Dataset entries:
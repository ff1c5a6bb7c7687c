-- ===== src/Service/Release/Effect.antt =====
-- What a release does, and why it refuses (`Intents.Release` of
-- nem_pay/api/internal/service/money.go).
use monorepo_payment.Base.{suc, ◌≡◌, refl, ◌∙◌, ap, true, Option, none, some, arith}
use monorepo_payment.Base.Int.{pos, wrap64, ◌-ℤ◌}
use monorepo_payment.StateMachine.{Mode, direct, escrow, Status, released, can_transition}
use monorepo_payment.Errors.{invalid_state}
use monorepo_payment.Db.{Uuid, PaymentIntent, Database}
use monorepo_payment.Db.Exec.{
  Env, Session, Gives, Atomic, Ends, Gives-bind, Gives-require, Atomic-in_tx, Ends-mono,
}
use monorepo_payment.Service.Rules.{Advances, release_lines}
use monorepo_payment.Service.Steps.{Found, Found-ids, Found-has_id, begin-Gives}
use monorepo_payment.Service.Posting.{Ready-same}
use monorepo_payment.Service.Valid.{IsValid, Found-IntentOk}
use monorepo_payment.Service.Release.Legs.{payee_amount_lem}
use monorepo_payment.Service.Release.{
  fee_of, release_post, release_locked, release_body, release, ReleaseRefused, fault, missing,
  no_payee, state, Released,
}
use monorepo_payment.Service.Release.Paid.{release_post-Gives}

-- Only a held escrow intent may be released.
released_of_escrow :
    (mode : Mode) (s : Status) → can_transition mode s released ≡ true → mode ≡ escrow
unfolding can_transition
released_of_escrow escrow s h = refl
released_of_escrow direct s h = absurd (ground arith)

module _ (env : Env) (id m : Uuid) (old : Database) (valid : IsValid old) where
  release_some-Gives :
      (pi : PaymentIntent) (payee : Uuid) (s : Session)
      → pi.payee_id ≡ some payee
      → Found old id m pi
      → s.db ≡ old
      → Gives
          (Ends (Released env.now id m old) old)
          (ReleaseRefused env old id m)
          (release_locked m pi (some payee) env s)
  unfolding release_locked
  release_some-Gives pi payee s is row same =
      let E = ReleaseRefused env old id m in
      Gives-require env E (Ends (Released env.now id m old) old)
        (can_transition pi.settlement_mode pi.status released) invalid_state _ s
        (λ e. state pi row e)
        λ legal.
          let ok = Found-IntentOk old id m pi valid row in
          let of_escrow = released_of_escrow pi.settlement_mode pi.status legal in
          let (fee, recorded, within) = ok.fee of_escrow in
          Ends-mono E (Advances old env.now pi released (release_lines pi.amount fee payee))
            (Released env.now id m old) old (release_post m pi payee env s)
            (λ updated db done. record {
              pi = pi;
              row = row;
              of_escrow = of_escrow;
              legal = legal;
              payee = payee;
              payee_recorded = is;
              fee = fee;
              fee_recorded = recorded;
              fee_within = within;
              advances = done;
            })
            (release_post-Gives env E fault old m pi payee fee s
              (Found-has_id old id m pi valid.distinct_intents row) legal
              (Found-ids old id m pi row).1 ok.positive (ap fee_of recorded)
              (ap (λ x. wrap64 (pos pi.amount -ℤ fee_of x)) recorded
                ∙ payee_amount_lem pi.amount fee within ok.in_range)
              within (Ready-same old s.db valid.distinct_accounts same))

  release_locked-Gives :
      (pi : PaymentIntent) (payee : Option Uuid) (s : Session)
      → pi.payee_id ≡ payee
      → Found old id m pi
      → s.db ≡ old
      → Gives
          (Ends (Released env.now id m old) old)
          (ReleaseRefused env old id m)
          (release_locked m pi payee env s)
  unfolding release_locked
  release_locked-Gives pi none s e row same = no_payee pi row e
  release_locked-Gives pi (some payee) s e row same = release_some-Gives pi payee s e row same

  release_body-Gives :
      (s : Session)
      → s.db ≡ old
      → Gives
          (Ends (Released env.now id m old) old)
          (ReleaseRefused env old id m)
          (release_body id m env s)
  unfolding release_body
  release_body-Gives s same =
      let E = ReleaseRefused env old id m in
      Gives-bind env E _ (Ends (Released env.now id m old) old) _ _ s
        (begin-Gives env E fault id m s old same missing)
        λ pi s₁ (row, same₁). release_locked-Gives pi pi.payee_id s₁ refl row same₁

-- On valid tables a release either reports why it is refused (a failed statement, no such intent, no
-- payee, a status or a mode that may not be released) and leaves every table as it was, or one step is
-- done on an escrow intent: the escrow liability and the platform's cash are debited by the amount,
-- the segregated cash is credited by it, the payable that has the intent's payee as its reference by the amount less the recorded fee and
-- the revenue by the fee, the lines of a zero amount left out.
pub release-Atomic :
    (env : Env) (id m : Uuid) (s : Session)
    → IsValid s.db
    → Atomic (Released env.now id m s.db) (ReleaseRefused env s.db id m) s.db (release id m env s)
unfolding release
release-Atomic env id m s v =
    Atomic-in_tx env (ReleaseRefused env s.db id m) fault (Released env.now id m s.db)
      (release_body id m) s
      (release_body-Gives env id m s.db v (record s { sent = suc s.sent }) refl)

Work instructions:
Whenever a line above includes "Session", copy it in full.

Response to the exercise:
  Env, Session, Gives, Atomic, Ends, Gives-bind, Gives-require, Atomic-in_tx, Ends-mono,
      (pi : PaymentIntent) (payee : Uuid) (s : Session)
      (pi : PaymentIntent) (payee : Option Uuid) (s : Session)
      (s : Session)
    (env : Env) (id m : Uuid) (s : Session)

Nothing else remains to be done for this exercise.